#### Exercise instructions
Every line below that includes the word "otherwise" needs to be copied.

#### Stored items from a collection
-- ===== src/Manager/Startup.antt =====
-- `ConnectAll` and `RunSelfTests`: they go through the services in order and stop at the first
-- failure (internal/services/service.go).
use scuffinger.Prelude.{
  ℕ, String, ◌≡◌, ◌≢◌, ◌↔◌, refl, true, Option, none, some, List, [], ◌∷◌, string_eq, arith,
  if◌then◌else◌,
}
use scuffinger.Prelude.Map.{
  Map, lookup, insert, lookup-insert, lookup-insert_self, lookup-all_values, all_values-lookup,
}
use scuffinger.I18n
use scuffinger.I18n.{Error, Messages}
use scuffinger.Manager.{
  Service, ServiceStatus, Call, mark, service_error, connect_all, connect_next, run_self_tests,
  self_test_next, is_healthy,
}
use scuffinger.Manager.Health.{healthy_of, nonempty, is_healthy-all}
use scuffinger.Manager.WellFormed.{IsWellFormed, has_name, run_self_tests-IsWellFormed}

-- What a run over the services does, described without the code: `Stops call svcs w e w'` holds if
-- the calls succeed up to a service whose call fails with `e`, which leaves the world `w'`, and
-- `Passes` if all of them succeed. The services behind a failure are not called.
module _ {W : Type 0} (call : Service W → Call W) where
  pub data Passes : List (Service W) → W → W → Type 0 where
    none_left : {w : W} → Passes [] w w
    passed :
        {svc : Service W} {svcs : List (Service W)} {w w' v : W}
        → call svc w ≡ (none, w')
        → Passes svcs w' v
        → Passes (svc ∷ svcs) w v

  pub data Stops : List (Service W) → W → Service W → Error → W → Type 0 where
    failed :
        {svc : Service W} {svcs : List (Service W)} {w w' : W} {e : Error}
        → call svc w ≡ (some e, w')
        → Stops (svc ∷ svcs) w svc e w'
    later :
        {svc bad : Service W} {svcs : List (Service W)} {w w' v : W} {e : Error}
        → call svc w ≡ (none, w')
        → Stops svcs w' bad e v
        → Stops (svc ∷ svcs) w bad e v

module _ {W : Type 0} (active : Messages) where
  abbrev connection : Service W → Call W
  connection svc = svc.connect

  -- Either every service connects, in order, and the result is nil, or the run stops at the first
  -- service that fails, and the result is its error wrapped with its name.
  pub data ConnectResult (svcs : List (Service W)) (w : W) : Option Error × W → Type 0 where
    connected : {v : W} → Passes connection svcs w v → ConnectResult svcs w (none, v)
    refused :
        {bad : Service W} {e : Error} {v : W}
        → Stops connection svcs w bad e v
        → ConnectResult svcs w (some (service_error active I18n.err_manager_connect bad.name e), v)

  ConnectResult-cons :
      (svc : Service W) (svcs : List (Service W)) {w w' : W} {r : Option Error × W}
      → svc.connect w ≡ (none, w')
      → ConnectResult svcs w' r
      → ConnectResult (svc ∷ svcs) w r
  ConnectResult-cons svc svcs q (connected p) = connected (passed q p)
  ConnectResult-cons svc svcs q (refused p) = refused (later q p)

  connect_next-ConnectResult :
      (svc : Service W) (svcs : List (Service W)) (w : W) (r : Option Error × W)
      → svc.connect w ≡ r
      → ((w' : W) → ConnectResult svcs w' (connect_all active svcs w'))
      → ConnectResult (svc ∷ svcs) w (connect_next active svc.name (connect_all active svcs) r)
  unfolding connect_next
  connect_next-ConnectResult svc svcs w (none, w') q rest = ConnectResult-cons svc svcs q (rest w')
  connect_next-ConnectResult svc svcs w (some e, w') q rest = refused (failed q)

  -- `ConnectAll` connects the services in order: it returns nil exactly when every one connects,
  -- and otherwise stops at the first that fails and returns its error wrapped with its name.
  pub connect_all-ConnectResult :
      (svcs : List (Service W)) (w : W) → ConnectResult svcs w (connect_all active svcs w)
  unfolding connect_all
  connect_all-ConnectResult [] w = connected none_left
  connect_all-ConnectResult (svc ∷ svcs) w =
      connect_next-ConnectResult svc svcs w (svc.connect w) refl
        (λ w'. connect_all-ConnectResult svcs w')

module _ {W : Type 0} (active : Messages) (clock : W → ℕ) where
  abbrev testing : Service W → Call W
  testing svc = svc.self_test

  -- The same for the self-tests; the failing service is left marked unhealthy.
  pub data SelfTestResult (svcs : List (Service W)) (w : W)
      : Option Error × Map String ServiceStatus × W → Type 0 where
    all_passed :
        {m : Map String ServiceStatus} {v : W}
        → Passes testing svcs w v
        → SelfTestResult svcs w (none, m, v)
    rejected :
        {bad : Service W} {e : Error} {m : Map String ServiceStatus} {v : W}
        → Stops testing svcs w bad e v
        → lookup bad.name m ≡ some (mark (clock v) (some e))
        → SelfTestResult svcs w
            (some (service_error active I18n.err_manager_self_test bad.name e), m, v)

  SelfTestResult-cons :
      (svc : Service W) (svcs : List (Service W)) {w w' : W}
      {r : Option Error × Map String ServiceStatus × W}
      → svc.self_test w ≡ (none, w')
      → SelfTestResult svcs w' r
      → SelfTestResult (svc ∷ svcs) w r
  SelfTestResult-cons svc svcs q (all_passed p) = all_passed (passed q p)
  SelfTestResult-cons svc svcs q (rejected p h) = rejected (later q p) h

  self_test_next-SelfTestResult :
      (svc : Service W) (svcs : List (Service W)) (m : Map String ServiceStatus) (w : W)
      (r : Option Error × W)
      → svc.self_test w ≡ r
      → ((m' : Map String ServiceStatus) (w' : W)
          → SelfTestResult svcs w' (run_self_tests active clock svcs m' w'))
      → SelfTestResult
          (svc ∷ svcs)
          w
          (self_test_next active clock svc.name (run_self_tests active clock svcs) m r)
  unfolding self_test_next
  self_test_next-SelfTestResult svc svcs m w (none, w') q rest =
      SelfTestResult-cons svc svcs q (rest _ w')
  self_test_next-SelfTestResult svc svcs m w (some e, w') q rest =
      rejected (failed q) (lookup-insert_self svc.name _ m)

  -- `RunSelfTests` runs the self-tests in order: it returns nil exactly when every one passes, and
  -- otherwise stops at the first that fails, marks that service unhealthy and returns its error
  -- wrapped with its name.
  pub run_self_tests-SelfTestResult :
      (svcs : List (Service W)) (m : Map String ServiceStatus) (w : W)
      → SelfTestResult svcs w (run_self_tests active clock svcs m w)
  unfolding run_self_tests
  run_self_tests-SelfTestResult [] m w = all_passed none_left
  run_self_tests-SelfTestResult (svc ∷ svcs) m w =
      self_test_next-SelfTestResult svc svcs m w (svc.self_test w) refl
        (λ m' w'. run_self_tests-SelfTestResult svcs m' w')

  -- What a run that passes leaves in the statuses.
  run_self_tests-statuses :
      (svcs : List (Service W)) (m : Map String ServiceStatus) (w : W) (n : String)
      → (run_self_tests active clock svcs m w).0 ≡ none
      → healthy_of (lookup n (run_self_tests active clock svcs m w).1)
        ≡ (if has_name n svcs then some true else healthy_of (lookup n m))
  unfolding run_self_tests self_test_next mark
  run_self_tests-statuses [] m w n h = refl
  run_self_tests-statuses (svc ∷ svcs) m w n h =
      let w' = (svc.self_test w).1 in
      let m' = insert svc.name (mark (clock w') none) m in
      ground (
        arith,
        run_self_tests-statuses svcs m' w' n,
        lookup-insert svc.name n (mark (clock w') none) m,
      )

  is_healthy-statuses :
      (svcs : List (Service W)) (m : Map String ServiceStatus)
      → IsWellFormed svcs m
      → svcs ≢ []
      → ((n : String) → has_name n svcs ≡ true → healthy_of (lookup n m) ≡ some true)
      → is_healthy m ≡ true
  is_healthy-statuses svcs m wf ne h = (is_healthy-all m).1 (
    (nonempty svcs m wf).1 ne,
    lookup-all_values ServiceStatus.healthy m wf.unique (λ k v q. ground (arith, h k, wf.keys k)),
  )

  -- For a well-formed manager with a service, `RunSelfTests` returns nil exactly when `IsHealthy`
  -- is true of the statuses that it leaves.
  pub run_self_tests-IsHealthy :
      (svcs : List (Service W)) (m : Map String ServiceStatus) (w : W)
      → IsWellFormed svcs m
      → svcs ≢ []
      → ((run_self_tests active clock svcs m w).0 ≡ none)
        ↔ (is_healthy (run_self_tests active clock svcs m w).1 ≡ true)
  unfolding mark
  run_self_tests-IsHealthy svcs m w wf ne = (
    λ h.
        is_healthy-statuses svcs (run_self_tests active clock svcs m w).1
          (run_self_tests-IsWellFormed active clock svcs m w wf) ne
          (λ n k. ground (arith, run_self_tests-statuses svcs m w n h)),
    λ h. from (run_self_tests active clock svcs m w) (run_self_tests-SelfTestResult svcs m w) h,
  )
    where
      from :
          (r : Option Error × Map String ServiceStatus × W)
          → SelfTestResult svcs w r
          → is_healthy r.1 ≡ true
          → r.0 ≡ none
      from r (all_passed p) h = refl
      from r (rejected {bad = bad} {m = m'} p q) h = absurd (
          ground (
            arith,
            all_values-lookup ServiceStatus.healthy m' bad.name _ ((is_healthy-all m').0 h).1 q,
          ))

#### Answer section
  -- and otherwise stops at the first that fails and returns its error wrapped with its name.
  -- otherwise stops at the first that fails, marks that service unhealthy and returns its error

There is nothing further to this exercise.